With these benefits, the health industry can take a use case-driven approach to create its networks. This will allow them to dream the flow of information and create business practices to drive interoperability. Here are some use case-driven examples of interoperability exchanges in healthcare.
- Data of care delivery: A doctor can request patient data from other clinics or hospitals. This data, such as medication and lab reports, can then be used to assess the current situation of the patient better.
- Consent Management: In such a highly interconnected health cloud system, taking the patient’s consent is essential. A centralized content management model can inform the doctor of the patient’s willingness to share their data.
- Lab results: Instead of waiting for the patients to show their test results, doctors can directly check them through exchange networks.
- Medications: Knowing the previous medication of a patient gives the doctor a better idea of further treatment.

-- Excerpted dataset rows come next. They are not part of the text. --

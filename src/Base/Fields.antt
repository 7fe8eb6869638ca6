-- ===== src/Base/Fields.antt =====
-- The tokens of a text, by one pass over its bytes, and `strtok` against them.
use Prim.Native.Nat.{ℕ, ◌≤◌, ◌<◌}
use mathlib.Core.Path.{◌≡◌, refl, sym, ◌∙◌, ap}
use mathlib.Core.Logic.{◌⊎◌, inl, inr, ◌≢◌}
use mathlib.Core.Bool.{true, false}
use mathlib.Core.Option.{Option, some, none}
use mathlib.Core.List.{List, [], ◌∷◌, ◌++◌, append-nil, append_assoc}
use native.Mathlib.Omega.{arith}
use lang_os_distributed_file.Base.Tests.{if◌then◌else◌, Bool-cases}
use lang_os_distributed_file.Base.Lists.{length}
use lang_os_distributed_file.Base.Tokens.{none_of, strtok-last}
use lang_os_distributed_file.Base.Strings.{Text, member, skip_delimiters, split_at, strtok}

-- An empty token is none.
emit : Text → List Text → List Text
emit [] rest = rest
emit (c ∷ token) rest = (c ∷ token) ∷ rest

-- `token` is what has been read of the current token.
fields_from : Text → Text → Text → List Text
unfolding emit
fields_from ds token [] = emit token []
fields_from ds token (c ∷ s) =
    let rest = fields_from ds (if member c ds then [] else token ++ (c ∷ [])) s in
    if member c ds then emit token rest else rest

unfoldable pub fields : Text → Text → List Text
unfolding fields_from
fields ds s = fields_from ds [] s

fields-skip : (ds s : Text) → fields_from ds [] (skip_delimiters ds s) ≡ fields_from ds [] s
unfolding fields_from skip_delimiters
fields-skip ds [] = refl
fields-skip ds (c ∷ s) = ground (arith, fields-skip ds s)

fields-split :
    (ds token s : Text)
    → fields_from ds token s
      ≡ emit (token ++ (split_at ds s).0) (fields_from ds [] (split_at ds s).1)
unfolding fields_from split_at
fields-split ds token [] = ap (λ t. emit t []) (sym (append-nil token))
fields-split ds token (c ∷ s) = elim (Bool-cases (member c ds)) [
  | inl ends ↦ rw (ends, append-nil) refl
  | inr goes ↦
      let step = fields-split ds (token ++ (c ∷ [])) s in
      let moved = append_assoc token (c ∷ []) (split_at ds s).0 in ground (arith, goes, step, moved)
]

length-split : (ds s : Text) → length (split_at ds s).1 ≤ length s
unfolding split_at
length-split ds [] = omega arith
length-split ds (c ∷ s) = ground (arith, length-split ds s)

-- What is left behind the delimiters: nothing, or a text that begins with another byte.
skip-cases :
    (ds s : Text)
    → (skip_delimiters ds s ≡ [])
      ⊎ ((c : ℕ) × (t : Text) × (skip_delimiters ds s ≡ c ∷ t)
          × (member c ds ≡ false)
          × (length t < length s))
unfolding skip_delimiters
skip-cases ds [] = inl refl
skip-cases ds (c ∷ s) = elim (Bool-cases (member c ds)) [
  | inr stops ↦ inr (c, s, ground (arith, stops), stops, omega arith)
  | inl goes ↦ elim (skip-cases ds s) [
    | inl none_left ↦ inl (ground (arith, goes, none_left))
    | inr (d, t, at, stops, shorter) ↦ inr (d, t, ground (arith, goes, at), stops, omega arith)
  ]
]

-- `strtok` takes the first token and leaves a shorter text with the others.
pub strtok-fields :
    (ds s : Text)
    → ((strtok ds s).0 ≡ none) × (fields ds s ≡ [])
      ⊎ ((t : Text) × ((strtok ds s).0 ≡ some t)
          × (fields ds s ≡ t ∷ fields ds (strtok ds s).1)
          × (length (strtok ds s).1 < length s))
unfolding strtok fields fields_from split_at
strtok-fields ds s = elim (skip-cases ds s) [
  | inl none_left ↦ inl (ground (arith, none_left), sym (fields-skip ds s) ∙ rw none_left refl)
  | inr (c, t, at, stops, shorter) ↦
      let token = (split_at ds t).0 in
      let rest = (split_at ds t).1 in
      let taken : strtok ds s ≡ (some (c ∷ token), rest) = ground (arith, at, stops) in
      let listed : fields ds s ≡ (c ∷ token) ∷ fields ds rest =
        sym (fields-skip ds s)
        ∙ (ap (fields_from ds []) at ∙ ground (arith, stops, fields-split ds (c ∷ []) t)) in
      let left : length (strtok ds s).1 ≡ length rest =
        ap (λ (x : Option Text × Text). length x.1) taken in
      let fits = length-split ds t in
      inr (
        c ∷ token,
        ap (λ (x : Option Text × Text). x.0) taken,
        listed ∙ ap (λ (x : Option Text × Text). (c ∷ token) ∷ fields ds x.1) (sym taken),
        omega arith,
      )
]

emit-append : (token : Text) (rest : List Text) → emit token [] ++ rest ≡ emit token rest
unfolding emit
emit-append [] rest = refl
emit-append (c ∷ token) rest = refl

append-emit : (token : Text) (xs ys : List Text) → emit token xs ++ ys ≡ emit token (xs ++ ys)
unfolding emit
append-emit [] xs ys = refl
append-emit (c ∷ token) xs ys = refl

fields_from-append :
    (ds token s : Text) (d : ℕ) (t : Text)
    → member d ds ≡ true
    → fields_from ds token (s ++ d ∷ t) ≡ fields_from ds token s ++ fields_from ds [] t
unfolding fields_from
fields_from-append ds token [] d t m = ground (arith, m, emit-append token (fields_from ds [] t))
fields_from-append ds token (c ∷ s) d t m = elim (Bool-cases (member c ds)) [
  | inl ends ↦ ground (
    arith,
    ends,
    fields_from-append ds [] s d t m,
    append-emit token (fields_from ds [] s) (fields_from ds [] t),
  )
  | inr goes ↦ ground (arith, goes, fields_from-append ds (token ++ (c ∷ [])) s d t m)
]

-- A delimiter separates tokens.
pub fields-append :
    (ds s : Text) (d : ℕ) (t : Text)
    → member d ds ≡ true
    → fields ds (s ++ d ∷ t) ≡ fields ds s ++ fields ds t
unfolding fields
fields-append ds s d t m = fields_from-append ds [] s d t m

pub fields-nil : (ds : Text) → fields ds [] ≡ []
unfolding fields emit
fields-nil ds = refl

-- A text without delimiters is one token.
pub fields-plain : (ds t : Text) → none_of ds t ≡ true → t ≢ [] → fields ds t ≡ t ∷ []
fields-plain ds t plain ne = elim (strtok-fields ds t) [
  | inl (absent, _) ↦ ground (arith, absent, strtok-last ds t plain ne)
  | inr (u, first, listed, _) ↦
      ground (arith, first, listed, strtok-last ds t plain ne, fields-nil ds)
]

This allows them to make and plan appropriate follow-ups and produce a better diagnosis.
- Patient intake: The doctor can access the health record of the patient before the appointment using a query and response process. Thus allowing them to provide better treatment during the consultation.
- Patient preference: Information exchange networks allow doctors to find out patients’ care references. This empowers patients and makes them a part of the process.
- Query services: Doctors who need more information on the patient referred to them can go to the query network. This network can be connected to other health systems and networks to assemble a complete patient record.
- Care transition: Patients are often referred to another hospital or make a transition of care as a part of their recovery process. The interoperable exchange of documents facilitates this process and makes it quick and easy for healthcare providers.
How Rapyder Helps Healthtech Companies Adopt Cloud?
Rapyder can help healthcare providers with a cloud migration strategy and help move their IT systems to the AWS cloud seamlessly at minimal cost and with maximum efficiency. Be a part of the future with Rapyder. Rapyder’s cloud migration process is a step-by-step strategy to migrate a Healthcare company’s IT systems and applications to the AWS Cloud.
Final Words
The healthcare sector is a big cloud computing user, but it still has a long way to go. Combining it with new techs like AI and the Internet of medical things will further open new avenues of streamlining healthcare. By combining such technologies with the cloud, interoperability can be boosted while simultaneously lowering the costs associated with it. With so many positives, it is hard to imagine a future without it. Indeed, healthcare cloud providers will lead the way for healthcare services in the future.